→ **YOUR GOAL**
Could you please find each line in the records that contains the word "Below" and copy it?

[Collected data]

# # # #

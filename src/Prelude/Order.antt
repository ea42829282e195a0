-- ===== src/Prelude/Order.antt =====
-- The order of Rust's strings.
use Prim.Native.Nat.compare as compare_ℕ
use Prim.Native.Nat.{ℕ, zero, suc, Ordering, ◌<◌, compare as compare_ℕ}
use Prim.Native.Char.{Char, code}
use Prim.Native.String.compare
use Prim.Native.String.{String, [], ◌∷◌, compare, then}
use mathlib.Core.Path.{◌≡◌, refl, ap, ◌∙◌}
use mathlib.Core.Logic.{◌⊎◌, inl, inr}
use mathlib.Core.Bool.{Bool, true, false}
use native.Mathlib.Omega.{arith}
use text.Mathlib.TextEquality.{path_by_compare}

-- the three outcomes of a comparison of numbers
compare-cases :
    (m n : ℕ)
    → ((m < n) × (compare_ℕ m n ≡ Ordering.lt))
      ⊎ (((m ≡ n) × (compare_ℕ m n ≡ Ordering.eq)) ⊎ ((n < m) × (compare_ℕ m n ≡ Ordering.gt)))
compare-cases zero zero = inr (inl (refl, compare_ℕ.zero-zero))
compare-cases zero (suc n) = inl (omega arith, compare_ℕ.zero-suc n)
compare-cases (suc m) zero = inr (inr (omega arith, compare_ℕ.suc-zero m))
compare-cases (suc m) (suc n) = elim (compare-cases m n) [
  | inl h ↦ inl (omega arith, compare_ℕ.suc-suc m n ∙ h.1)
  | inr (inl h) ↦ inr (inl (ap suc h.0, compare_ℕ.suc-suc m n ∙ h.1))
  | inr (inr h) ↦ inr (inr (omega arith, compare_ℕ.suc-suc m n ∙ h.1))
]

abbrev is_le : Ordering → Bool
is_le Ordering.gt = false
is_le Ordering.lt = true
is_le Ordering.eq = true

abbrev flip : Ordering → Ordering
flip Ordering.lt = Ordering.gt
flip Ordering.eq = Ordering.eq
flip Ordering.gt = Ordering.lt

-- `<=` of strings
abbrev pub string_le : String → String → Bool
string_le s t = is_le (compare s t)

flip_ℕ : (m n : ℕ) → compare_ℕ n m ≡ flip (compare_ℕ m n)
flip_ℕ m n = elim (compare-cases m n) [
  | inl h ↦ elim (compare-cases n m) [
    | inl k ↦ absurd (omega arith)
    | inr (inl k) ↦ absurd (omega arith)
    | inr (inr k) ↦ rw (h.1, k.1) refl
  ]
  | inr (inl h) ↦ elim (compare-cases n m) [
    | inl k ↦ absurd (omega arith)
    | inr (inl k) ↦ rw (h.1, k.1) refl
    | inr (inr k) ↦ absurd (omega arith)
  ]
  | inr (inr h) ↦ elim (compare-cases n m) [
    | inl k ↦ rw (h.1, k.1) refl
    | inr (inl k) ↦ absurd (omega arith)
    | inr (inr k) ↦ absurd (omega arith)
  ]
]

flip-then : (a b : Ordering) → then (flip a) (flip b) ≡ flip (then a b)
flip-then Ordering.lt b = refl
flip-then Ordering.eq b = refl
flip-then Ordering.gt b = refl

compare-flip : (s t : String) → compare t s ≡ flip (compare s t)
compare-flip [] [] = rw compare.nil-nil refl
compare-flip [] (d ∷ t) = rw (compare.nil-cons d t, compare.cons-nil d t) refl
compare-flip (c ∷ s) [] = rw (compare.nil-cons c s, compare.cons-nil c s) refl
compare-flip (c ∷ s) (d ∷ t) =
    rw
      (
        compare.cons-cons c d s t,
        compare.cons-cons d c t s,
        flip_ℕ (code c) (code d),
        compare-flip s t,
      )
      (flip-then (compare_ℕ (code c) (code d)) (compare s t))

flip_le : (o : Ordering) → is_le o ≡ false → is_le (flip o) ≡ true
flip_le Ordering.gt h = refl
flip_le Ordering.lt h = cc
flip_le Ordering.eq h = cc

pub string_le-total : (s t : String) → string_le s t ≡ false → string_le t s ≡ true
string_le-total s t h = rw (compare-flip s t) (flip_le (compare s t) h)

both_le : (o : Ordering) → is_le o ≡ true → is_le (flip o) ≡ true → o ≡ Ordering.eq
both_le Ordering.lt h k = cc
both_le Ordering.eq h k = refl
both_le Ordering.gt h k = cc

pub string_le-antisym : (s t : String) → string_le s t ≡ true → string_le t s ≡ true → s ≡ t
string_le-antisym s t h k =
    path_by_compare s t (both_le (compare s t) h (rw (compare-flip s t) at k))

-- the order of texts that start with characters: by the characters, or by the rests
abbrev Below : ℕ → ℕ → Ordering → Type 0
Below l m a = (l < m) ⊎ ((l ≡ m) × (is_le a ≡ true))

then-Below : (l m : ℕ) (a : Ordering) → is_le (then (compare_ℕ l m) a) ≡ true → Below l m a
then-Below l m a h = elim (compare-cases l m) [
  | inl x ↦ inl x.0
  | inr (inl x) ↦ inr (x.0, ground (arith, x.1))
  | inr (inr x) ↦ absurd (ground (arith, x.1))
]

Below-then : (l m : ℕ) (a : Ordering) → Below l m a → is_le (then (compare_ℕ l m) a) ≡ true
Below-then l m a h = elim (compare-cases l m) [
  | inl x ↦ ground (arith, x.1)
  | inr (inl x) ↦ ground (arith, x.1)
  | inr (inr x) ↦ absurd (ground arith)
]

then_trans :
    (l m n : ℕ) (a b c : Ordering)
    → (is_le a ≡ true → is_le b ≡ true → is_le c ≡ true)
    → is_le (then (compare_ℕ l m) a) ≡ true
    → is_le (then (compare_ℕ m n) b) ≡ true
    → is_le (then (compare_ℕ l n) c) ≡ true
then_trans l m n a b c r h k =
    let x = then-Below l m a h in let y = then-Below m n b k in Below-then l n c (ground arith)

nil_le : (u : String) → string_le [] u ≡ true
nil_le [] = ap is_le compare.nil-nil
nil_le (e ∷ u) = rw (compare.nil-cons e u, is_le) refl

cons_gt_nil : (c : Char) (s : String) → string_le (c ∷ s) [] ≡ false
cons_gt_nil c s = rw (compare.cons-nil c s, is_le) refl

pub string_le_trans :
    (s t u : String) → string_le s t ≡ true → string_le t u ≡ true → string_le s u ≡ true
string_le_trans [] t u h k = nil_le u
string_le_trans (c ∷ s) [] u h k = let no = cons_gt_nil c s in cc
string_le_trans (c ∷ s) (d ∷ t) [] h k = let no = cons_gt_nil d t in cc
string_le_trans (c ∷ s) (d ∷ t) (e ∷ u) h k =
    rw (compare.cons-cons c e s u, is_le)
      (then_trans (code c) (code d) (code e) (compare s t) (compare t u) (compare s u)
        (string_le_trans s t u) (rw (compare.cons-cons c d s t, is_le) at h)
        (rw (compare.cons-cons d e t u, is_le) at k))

# # # #

→ **RESPONSE TO THIS EXERCISE**
abbrev Below : ℕ → ℕ → Ordering → Type 0
Below l m a = (l < m) ⊎ ((l ≡ m) × (is_le a ≡ true))
then-Below : (l m : ℕ) (a : Ordering) → is_le (then (compare_ℕ l m) a) ≡ true → Below l m a
then-Below l m a h = elim (compare-cases l m) [
Below-then : (l m : ℕ) (a : Ordering) → Below l m a → is_le (then (compare_ℕ l m) a) ≡ true
Below-then l m a h = elim (compare-cases l m) [
    let x = then-Below l m a h in let y = then-Below m n b k in Below-then l n c (ground arith)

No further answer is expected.